[Source records]
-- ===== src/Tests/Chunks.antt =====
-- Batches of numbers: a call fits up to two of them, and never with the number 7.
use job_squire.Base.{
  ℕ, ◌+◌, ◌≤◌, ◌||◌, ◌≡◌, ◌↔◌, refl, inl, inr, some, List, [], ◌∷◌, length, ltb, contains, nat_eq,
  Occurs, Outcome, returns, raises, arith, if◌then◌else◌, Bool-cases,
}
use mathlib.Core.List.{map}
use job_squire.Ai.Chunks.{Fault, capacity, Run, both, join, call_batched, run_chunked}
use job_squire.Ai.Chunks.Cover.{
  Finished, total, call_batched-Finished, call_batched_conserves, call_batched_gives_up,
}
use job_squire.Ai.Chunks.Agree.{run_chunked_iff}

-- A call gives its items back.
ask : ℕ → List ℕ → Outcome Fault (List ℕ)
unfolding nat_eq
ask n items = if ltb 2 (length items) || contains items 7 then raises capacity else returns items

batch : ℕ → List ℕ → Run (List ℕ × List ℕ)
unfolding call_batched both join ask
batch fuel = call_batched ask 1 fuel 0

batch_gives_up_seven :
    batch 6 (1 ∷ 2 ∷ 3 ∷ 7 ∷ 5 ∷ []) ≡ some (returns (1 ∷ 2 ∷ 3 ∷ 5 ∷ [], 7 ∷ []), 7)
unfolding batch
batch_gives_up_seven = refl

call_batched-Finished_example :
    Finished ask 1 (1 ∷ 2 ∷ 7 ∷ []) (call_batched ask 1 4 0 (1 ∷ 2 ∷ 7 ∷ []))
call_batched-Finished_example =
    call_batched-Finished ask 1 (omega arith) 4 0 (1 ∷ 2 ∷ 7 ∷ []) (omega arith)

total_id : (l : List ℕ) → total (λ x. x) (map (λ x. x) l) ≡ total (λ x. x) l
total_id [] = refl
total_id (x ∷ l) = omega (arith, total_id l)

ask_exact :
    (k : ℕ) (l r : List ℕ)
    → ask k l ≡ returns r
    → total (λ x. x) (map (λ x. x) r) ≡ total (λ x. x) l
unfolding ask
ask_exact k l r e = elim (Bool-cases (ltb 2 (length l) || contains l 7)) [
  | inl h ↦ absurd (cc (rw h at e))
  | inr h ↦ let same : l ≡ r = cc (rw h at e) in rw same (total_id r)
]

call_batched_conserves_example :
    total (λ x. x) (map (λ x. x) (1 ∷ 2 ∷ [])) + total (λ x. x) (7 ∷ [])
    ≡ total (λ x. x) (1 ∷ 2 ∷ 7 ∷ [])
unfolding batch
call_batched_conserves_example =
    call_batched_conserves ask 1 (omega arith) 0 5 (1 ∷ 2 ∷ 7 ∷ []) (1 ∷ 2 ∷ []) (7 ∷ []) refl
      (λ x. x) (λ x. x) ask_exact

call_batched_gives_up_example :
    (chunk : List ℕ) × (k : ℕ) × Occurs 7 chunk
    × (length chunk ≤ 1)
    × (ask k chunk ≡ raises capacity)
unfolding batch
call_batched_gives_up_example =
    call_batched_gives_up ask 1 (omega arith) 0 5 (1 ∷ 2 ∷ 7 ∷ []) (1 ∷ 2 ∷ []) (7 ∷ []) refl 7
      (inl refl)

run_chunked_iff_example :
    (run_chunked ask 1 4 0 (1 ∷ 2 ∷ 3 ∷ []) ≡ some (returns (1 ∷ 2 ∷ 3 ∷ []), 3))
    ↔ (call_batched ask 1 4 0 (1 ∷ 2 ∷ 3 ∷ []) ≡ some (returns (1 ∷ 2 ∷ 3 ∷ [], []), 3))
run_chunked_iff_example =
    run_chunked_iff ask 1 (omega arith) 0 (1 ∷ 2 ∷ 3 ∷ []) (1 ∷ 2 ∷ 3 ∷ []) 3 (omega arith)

• Aim of the exercise:
What is the number of lines in these records that contain "refl"? Reply with the number only.

• Result below:
6